■ Task goal: Wherever the string "they" appears in the records, return the line that holds it.

■ Recorded information:
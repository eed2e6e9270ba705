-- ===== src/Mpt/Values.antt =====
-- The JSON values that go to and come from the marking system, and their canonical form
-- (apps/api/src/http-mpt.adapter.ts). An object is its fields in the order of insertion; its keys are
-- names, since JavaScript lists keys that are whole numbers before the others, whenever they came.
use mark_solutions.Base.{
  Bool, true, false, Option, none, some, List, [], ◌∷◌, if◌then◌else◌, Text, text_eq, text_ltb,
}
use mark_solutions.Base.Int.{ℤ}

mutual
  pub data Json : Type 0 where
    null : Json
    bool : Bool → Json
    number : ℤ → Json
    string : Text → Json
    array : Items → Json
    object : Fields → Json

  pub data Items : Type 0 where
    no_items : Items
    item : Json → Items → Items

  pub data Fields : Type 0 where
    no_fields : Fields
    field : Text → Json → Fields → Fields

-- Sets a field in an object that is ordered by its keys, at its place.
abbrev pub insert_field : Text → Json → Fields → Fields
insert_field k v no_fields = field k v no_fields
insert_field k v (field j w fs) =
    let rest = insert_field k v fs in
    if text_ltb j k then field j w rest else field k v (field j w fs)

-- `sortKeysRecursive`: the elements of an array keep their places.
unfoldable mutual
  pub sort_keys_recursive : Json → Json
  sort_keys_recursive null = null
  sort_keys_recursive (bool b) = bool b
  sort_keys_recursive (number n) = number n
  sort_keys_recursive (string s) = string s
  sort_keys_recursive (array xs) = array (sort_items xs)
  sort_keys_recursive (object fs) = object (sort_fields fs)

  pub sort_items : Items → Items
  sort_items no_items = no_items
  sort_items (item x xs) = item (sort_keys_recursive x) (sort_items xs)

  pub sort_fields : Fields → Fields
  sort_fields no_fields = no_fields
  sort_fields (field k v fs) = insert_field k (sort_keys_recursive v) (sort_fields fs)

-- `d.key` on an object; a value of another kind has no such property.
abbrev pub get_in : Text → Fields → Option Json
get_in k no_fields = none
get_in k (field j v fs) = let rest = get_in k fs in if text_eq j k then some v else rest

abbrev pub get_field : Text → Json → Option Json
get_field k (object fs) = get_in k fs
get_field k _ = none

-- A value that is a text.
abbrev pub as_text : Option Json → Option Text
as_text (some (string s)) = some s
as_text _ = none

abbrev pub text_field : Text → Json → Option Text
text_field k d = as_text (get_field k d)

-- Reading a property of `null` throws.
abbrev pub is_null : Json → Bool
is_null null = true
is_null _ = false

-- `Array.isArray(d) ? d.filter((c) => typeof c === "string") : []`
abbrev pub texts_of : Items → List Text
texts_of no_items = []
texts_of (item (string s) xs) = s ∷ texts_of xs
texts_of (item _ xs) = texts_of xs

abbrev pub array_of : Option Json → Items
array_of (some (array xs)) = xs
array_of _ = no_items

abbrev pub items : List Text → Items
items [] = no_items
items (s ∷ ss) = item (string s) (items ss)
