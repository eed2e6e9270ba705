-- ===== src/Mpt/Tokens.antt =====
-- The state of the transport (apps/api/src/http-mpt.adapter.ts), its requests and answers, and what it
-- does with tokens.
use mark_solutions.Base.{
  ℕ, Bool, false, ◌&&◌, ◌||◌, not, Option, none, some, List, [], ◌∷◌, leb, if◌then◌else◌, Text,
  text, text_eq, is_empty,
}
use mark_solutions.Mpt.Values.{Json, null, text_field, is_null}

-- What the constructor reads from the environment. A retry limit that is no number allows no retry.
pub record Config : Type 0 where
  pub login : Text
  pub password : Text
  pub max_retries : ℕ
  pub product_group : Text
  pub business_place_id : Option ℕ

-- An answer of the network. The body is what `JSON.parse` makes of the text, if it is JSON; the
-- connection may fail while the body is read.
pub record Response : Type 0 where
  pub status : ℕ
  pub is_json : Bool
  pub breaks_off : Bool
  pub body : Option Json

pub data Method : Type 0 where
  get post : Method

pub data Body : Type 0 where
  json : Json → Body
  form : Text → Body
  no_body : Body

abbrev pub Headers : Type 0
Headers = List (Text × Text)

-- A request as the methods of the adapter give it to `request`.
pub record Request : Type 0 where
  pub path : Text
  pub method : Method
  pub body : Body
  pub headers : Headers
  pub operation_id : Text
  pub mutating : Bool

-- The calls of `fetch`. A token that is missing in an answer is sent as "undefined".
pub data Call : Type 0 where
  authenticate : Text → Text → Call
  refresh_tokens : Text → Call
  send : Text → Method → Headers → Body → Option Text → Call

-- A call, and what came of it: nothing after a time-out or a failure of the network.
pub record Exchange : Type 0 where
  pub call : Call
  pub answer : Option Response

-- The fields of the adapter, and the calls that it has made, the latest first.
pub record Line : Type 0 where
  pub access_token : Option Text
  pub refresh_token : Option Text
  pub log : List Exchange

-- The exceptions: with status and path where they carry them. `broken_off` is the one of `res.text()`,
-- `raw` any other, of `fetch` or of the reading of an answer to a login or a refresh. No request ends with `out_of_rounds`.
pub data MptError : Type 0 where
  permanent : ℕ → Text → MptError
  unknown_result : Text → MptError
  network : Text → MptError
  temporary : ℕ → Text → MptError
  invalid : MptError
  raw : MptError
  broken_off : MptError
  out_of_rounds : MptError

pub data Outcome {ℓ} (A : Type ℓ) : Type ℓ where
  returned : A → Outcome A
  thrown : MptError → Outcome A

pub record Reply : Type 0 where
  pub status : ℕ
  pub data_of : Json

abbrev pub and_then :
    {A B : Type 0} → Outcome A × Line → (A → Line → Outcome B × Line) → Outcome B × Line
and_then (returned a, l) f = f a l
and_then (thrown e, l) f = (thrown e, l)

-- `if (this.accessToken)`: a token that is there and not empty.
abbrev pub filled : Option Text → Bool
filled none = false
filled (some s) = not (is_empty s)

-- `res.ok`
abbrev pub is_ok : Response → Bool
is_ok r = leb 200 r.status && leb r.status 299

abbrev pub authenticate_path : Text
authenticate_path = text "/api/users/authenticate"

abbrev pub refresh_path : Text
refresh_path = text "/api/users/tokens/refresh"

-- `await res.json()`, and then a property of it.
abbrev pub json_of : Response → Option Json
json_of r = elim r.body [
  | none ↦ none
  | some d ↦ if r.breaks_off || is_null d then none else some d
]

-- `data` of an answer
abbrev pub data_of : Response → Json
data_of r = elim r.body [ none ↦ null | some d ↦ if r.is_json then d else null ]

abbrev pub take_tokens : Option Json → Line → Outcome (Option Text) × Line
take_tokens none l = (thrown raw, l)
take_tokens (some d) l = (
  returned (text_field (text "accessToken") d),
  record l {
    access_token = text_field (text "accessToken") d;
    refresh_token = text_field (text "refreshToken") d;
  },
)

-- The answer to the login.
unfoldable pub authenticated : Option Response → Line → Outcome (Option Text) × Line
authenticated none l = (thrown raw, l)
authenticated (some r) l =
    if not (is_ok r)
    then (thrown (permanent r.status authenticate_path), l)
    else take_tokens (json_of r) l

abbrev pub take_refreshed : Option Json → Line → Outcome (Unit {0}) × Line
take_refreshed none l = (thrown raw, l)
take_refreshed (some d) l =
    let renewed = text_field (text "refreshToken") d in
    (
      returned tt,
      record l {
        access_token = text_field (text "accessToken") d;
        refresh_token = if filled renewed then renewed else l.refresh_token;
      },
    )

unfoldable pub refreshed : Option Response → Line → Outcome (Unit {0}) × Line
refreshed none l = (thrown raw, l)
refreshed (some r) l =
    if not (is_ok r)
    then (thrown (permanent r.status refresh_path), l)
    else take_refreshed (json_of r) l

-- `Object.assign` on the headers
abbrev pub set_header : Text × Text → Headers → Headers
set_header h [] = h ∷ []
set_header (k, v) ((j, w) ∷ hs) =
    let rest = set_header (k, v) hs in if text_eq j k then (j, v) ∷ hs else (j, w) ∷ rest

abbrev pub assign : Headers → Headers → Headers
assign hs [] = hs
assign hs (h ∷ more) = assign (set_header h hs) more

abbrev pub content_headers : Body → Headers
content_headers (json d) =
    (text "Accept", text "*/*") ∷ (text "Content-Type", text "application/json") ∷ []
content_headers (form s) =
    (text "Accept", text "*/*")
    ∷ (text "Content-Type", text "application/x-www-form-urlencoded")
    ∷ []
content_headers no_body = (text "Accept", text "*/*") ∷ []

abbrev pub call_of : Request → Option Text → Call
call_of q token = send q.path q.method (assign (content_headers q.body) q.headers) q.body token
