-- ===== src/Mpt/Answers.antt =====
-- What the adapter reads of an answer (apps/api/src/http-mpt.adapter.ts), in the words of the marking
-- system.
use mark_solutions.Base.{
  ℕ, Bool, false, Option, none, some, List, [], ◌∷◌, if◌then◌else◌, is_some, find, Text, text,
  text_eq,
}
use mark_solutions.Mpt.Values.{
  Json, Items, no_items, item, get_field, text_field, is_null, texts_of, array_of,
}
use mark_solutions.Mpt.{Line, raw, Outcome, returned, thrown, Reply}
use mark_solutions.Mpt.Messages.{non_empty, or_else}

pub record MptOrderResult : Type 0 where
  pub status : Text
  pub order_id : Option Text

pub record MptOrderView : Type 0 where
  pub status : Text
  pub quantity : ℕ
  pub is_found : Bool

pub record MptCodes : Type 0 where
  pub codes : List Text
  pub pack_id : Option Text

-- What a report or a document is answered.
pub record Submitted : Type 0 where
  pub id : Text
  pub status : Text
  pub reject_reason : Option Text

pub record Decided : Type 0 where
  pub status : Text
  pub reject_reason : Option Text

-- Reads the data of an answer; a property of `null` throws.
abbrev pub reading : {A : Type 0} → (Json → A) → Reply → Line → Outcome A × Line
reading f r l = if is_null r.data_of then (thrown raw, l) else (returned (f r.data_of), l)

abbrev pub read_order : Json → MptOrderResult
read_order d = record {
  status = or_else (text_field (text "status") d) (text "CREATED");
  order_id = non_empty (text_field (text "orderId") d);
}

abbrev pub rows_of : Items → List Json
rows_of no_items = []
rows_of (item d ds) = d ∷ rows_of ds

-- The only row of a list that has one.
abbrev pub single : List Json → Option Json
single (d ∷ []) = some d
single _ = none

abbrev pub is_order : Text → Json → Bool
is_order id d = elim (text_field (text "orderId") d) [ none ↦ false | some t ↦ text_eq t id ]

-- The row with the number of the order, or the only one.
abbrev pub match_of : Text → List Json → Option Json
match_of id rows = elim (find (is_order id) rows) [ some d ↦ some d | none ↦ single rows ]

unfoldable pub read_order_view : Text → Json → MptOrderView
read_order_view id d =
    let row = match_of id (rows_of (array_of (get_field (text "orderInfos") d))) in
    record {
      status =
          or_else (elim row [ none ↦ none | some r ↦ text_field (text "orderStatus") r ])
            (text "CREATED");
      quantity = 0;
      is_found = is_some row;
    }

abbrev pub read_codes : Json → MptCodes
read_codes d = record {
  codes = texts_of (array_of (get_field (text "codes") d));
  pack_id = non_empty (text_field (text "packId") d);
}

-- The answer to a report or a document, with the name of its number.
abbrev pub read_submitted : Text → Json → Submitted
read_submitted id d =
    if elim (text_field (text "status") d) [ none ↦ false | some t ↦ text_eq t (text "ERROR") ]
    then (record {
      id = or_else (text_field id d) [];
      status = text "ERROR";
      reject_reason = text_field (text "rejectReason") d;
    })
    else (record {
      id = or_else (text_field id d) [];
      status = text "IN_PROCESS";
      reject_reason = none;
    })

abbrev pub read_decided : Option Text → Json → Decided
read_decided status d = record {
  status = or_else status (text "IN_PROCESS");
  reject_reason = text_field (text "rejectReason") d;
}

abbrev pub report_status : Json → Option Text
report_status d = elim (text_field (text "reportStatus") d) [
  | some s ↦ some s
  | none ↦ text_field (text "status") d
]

■ Answer area:
-- names, since JavaScript lists keys that are whole numbers before the others, whenever they came.
-- The exceptions: with status and path where they carry them. `broken_off` is the one of `res.text()`,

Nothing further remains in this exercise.